ACTIVITY => Write out the full listing again, exactly as it stands.

RECORD EXCERPTS =>
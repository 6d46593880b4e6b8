-- ===== src/Api/Listed.antt =====
-- The answer to a request for a page of users.
use hotel_crm.Prelude.{ℕ, ◌+◌, ◌≤◌, ◌≡◌, refl, ap, subst, String, some, List, All, length, arith}
use hotel_crm.Platform.{Platform, World}
use hotel_crm.Platform.Results.{Outcome, ok, err, pure, ◌>>=◌, >>=-ok}
use hotel_crm.Tenant.{tenant_of_header}
use hotel_crm.Auth.Guards.{Passport, activate}
use hotel_crm.Auth.Access.{activate-tenant}
use hotel_crm.Users.Types.{PublicUser}
use hotel_crm.Users.Service.{find_page, PaginatedResult}
use hotel_crm.Users.Listed.{find_page-ok}
use hotel_crm.Users.Effects.{current_setting}
use hotel_crm.Http.Envelope.{
  Payload, plain, paginated, SuccessResponse, rows, request_id_of, intercept,
}
use hotel_crm.Http.Errors.{catch}
use hotel_crm.Api.Routes.{list_users, route_of}
use hotel_crm.Api.Handlers.{Value, Pipes, piped, handle}
use hotel_crm.Api.Pipeline.{Incoming, success, request_of, serve, respond, reply}

module _ {U T R K D : Type 0} (p : Platform U T R K) (passport : Passport p.jwt) (pipes : Pipes K D)
    (incoming : Incoming K D) where
  -- A list of at most a hundred users, all of the tenant of the request.
  abbrev pub IsTenantPage : List PublicUser → Type 0
  IsTenantPage l =
      (length l ≤ 100)
      × All (λ u. current_setting p (tenant_of_header incoming.tenant_id) ≡ some u.tenant_id) l

  served :
      (w w' : World U T R) (payload : Payload (Value K) PublicUser)
      → serve p passport pipes list_users incoming w ≡ (ok payload, w')
      → (page : PaginatedResult PublicUser) × (payload ≡ paginated page) × IsTenantPage page.items
  unfolding serve handle
  served w w' payload h =
      let req = request_of p passport pipes incoming in
      let at = p.clock w.reads in
      let w1 : World U T R = record w { reads = w.reads + 1 } in
      let (seen, w2, e, h2) =
        >>=-ok (piped (activate passport p.env.jwt_secret at (route_of list_users) req))
          (λ seen. handle p pipes list_users seen.tenant_id seen.user incoming.ip incoming.content)
          w1 w' payload h in
      let (query, w3, f, h3) =
        >>=-ok (piped (pipes.list_query incoming.content))
          (λ query. find_page p seen.tenant_id query >>= λ page. pure (paginated page)) w2 w'
          payload h2 in
      let (page, w4, g, h4) = >>=-ok (find_page p seen.tenant_id query) _ w3 w' payload h3 in
      let same =
        activate-tenant passport p.env.jwt_secret at (route_of list_users) req seen
          (ap (λ o. o.0) e) in
      let bounds = pipes.list_query-IsListUsersQuery incoming.content query (ap (λ o. o.0) f) in
      let (short, ours) = find_page-ok p seen.tenant_id query w3 w4 page g in
      let most = bounds.limit_max in
      (
        page,
        ground arith,
        (
          omega arith,
          subst (λ t. All (λ u. current_setting p t ≡ some u.tenant_id) page.items) same ours,
        ),
      )

  responded :
      (id : String) (o : Outcome (Payload (Value K) PublicUser) × World U T R) (status : ℕ)
      (header : String) (r : SuccessResponse (Value K) PublicUser)
      → (respond p passport pipes list_users id o).0 ≡ ok (success status header r)
      → (payload : Payload (Value K) PublicUser) × (o ≡ (ok payload, o.1))
        × ((page : PaginatedResult PublicUser)
            → payload ≡ paginated page
            → r.success_data ≡ rows page.items)
  unfolding respond intercept catch
  responded id (err e, v) status header r h = absurd (ground arith)
  responded id (ok (plain a), v) status header r h =
      (plain a, refl, λ page e. absurd (ground arith))
  responded id (ok (paginated x), v) status header r h =
      (paginated x, refl, λ page e. ground (arith, h, e))

  -- A successful answer to a request for a page of users holds a hundred users at most, and each of
  -- them is of the tenant that the policies read for the request.
  pub reply-listed :
      (w : World U T R) (status : ℕ) (header : String) (r : SuccessResponse (Value K) PublicUser)
      → (reply p passport pipes list_users incoming w).0 ≡ ok (success status header r)
      → (l : List PublicUser) × (r.success_data ≡ rows l) × IsTenantPage l
  unfolding reply
  reply-listed w status header r h =
      let w' = (reply p passport pipes list_users incoming w).1 in
      let (id, v, _, h1) =
        >>=-ok (request_id_of p incoming.request_id) _ w w' (success status header r)
          (ap (λ o. (o, w')) h) in
      let (payload, e, f) =
        responded id (serve p passport pipes list_users incoming v) status header r
          (ap (λ o. o.0) h1) in
      let (page, g, k) = served v _ payload e in (page.items, f page g, k)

EXERCISE OUTPUT =>
repository 6d46593880b4e6b8
-- ===== src/Api/Listed.antt =====
-- The answer to a request for a page of users.
use hotel_crm.Prelude.{ℕ, ◌+◌, ◌≤◌, ◌≡◌, refl, ap, subst, String, some, List, All, length, arith}
use hotel_crm.Platform.{Platform, World}
use hotel_crm.Platform.Results.{Outcome, ok, err, pure, ◌>>=◌, >>=-ok}
use hotel_crm.Tenant.{tenant_of_header}
use hotel_crm.Auth.Guards.{Passport, activate}
use hotel_crm.Auth.Access.{activate-tenant}
use hotel_crm.Users.Types.{PublicUser}
use hotel_crm.Users.Service.{find_page, PaginatedResult}
use hotel_crm.Users.Listed.{find_page-ok}
use hotel_crm.Users.Effects.{current_setting}
use hotel_crm.Http.Envelope.{
  Payload, plain, paginated, SuccessResponse, rows, request_id_of, intercept,
}
use hotel_crm.Http.Errors.{catch}
use hotel_crm.Api.Routes.{list_users, route_of}
use hotel_crm.Api.Handlers.{Value, Pipes, piped, handle}
use hotel_crm.Api.Pipeline.{Incoming, success, request_of, serve, respond, reply}

module _ {U T R K D : Type 0} (p : Platform U T R K) (passport : Passport p.jwt) (pipes : Pipes K D)
    (incoming : Incoming K D) where
  -- A list of at most a hundred users, all of the tenant of the request.
  abbrev pub IsTenantPage : List PublicUser → Type 0
  IsTenantPage l =
      (length l ≤ 100)
      × All (λ u. current_setting p (tenant_of_header incoming.tenant_id) ≡ some u.tenant_id) l

  served :
      (w w' : World U T R) (payload : Payload (Value K) PublicUser)
      → serve p passport pipes list_users incoming w ≡ (ok payload, w')
      → (page : PaginatedResult PublicUser) × (payload ≡ paginated page) × IsTenantPage page.items
  unfolding serve handle
  served w w' payload h =
      let req = request_of p passport pipes incoming in
      let at = p.clock w.reads in
      let w1 : World U T R = record w { reads = w.reads + 1 } in
      let (seen, w2, e, h2) =
        >>=-ok (piped (activate passport p.env.jwt_secret at (route_of list_users) req))
          (λ seen. handle p pipes list_users seen.tenant_id seen.user incoming.ip incoming.content)
          w1 w' payload h in
      let (query, w3, f, h3) =
        >>=-ok (piped (pipes.list_query incoming.content))
          (λ query. find_page p seen.tenant_id query >>= λ page. pure (paginated page)) w2 w'
          payload h2 in
      let (page, w4, g, h4) = >>=-ok (find_page p seen.tenant_id query) _ w3 w' payload h3 in
      let same =
        activate-tenant passport p.env.jwt_secret at (route_of list_users) req seen
          (ap (λ o. o.0) e) in
      let bounds = pipes.list_query-IsListUsersQuery incoming.content query (ap (λ o. o.0) f) in
      let (short, ours) = find_page-ok p seen.tenant_id query w3 w4 page g in
      let most = bounds.limit_max in
      (
        page,
        ground arith,
        (
          omega arith,
          subst (λ t. All (λ u. current_setting p t ≡ some u.tenant_id) page.items) same ours,
        ),
      )

  responded :
      (id : String) (o : Outcome (Payload (Value K) PublicUser) × World U T R) (status : ℕ)
      (header : String) (r : SuccessResponse (Value K) PublicUser)
      → (respond p passport pipes list_users id o).0 ≡ ok (success status header r)
      → (payload : Payload (Value K) PublicUser) × (o ≡ (ok payload, o.1))
        × ((page : PaginatedResult PublicUser)
            → payload ≡ paginated page
            → r.success_data ≡ rows page.items)
  unfolding respond intercept catch
  responded id (err e, v) status header r h = absurd (ground arith)
  responded id (ok (plain a), v) status header r h =
      (plain a, refl, λ page e. absurd (ground arith))
  responded id (ok (paginated x), v) status header r h =
      (paginated x, refl, λ page e. ground (arith, h, e))

  -- A successful answer to a request for a page of users holds a hundred users at most, and each of
  -- them is of the tenant that the policies read for the request.
  pub reply-listed :
      (w : World U T R) (status : ℕ) (header : String) (r : SuccessResponse (Value K) PublicUser)
      → (reply p passport pipes list_users incoming w).0 ≡ ok (success status header r)
      → (l : List PublicUser) × (r.success_data ≡ rows l) × IsTenantPage l
  unfolding reply
  reply-listed w status header r h =
      let w' = (reply p passport pipes list_users incoming w).1 in
      let (id, v, _, h1) =
        >>=-ok (request_id_of p incoming.request_id) _ w w' (success status header r)
          (ap (λ o. (o, w')) h) in
      let (payload, e, f) =
        responded id (serve p passport pipes list_users incoming v) status header r
          (ap (λ o. o.0) h1) in
      let (page, g, k) = served v _ payload e in (page.items, f page g, k)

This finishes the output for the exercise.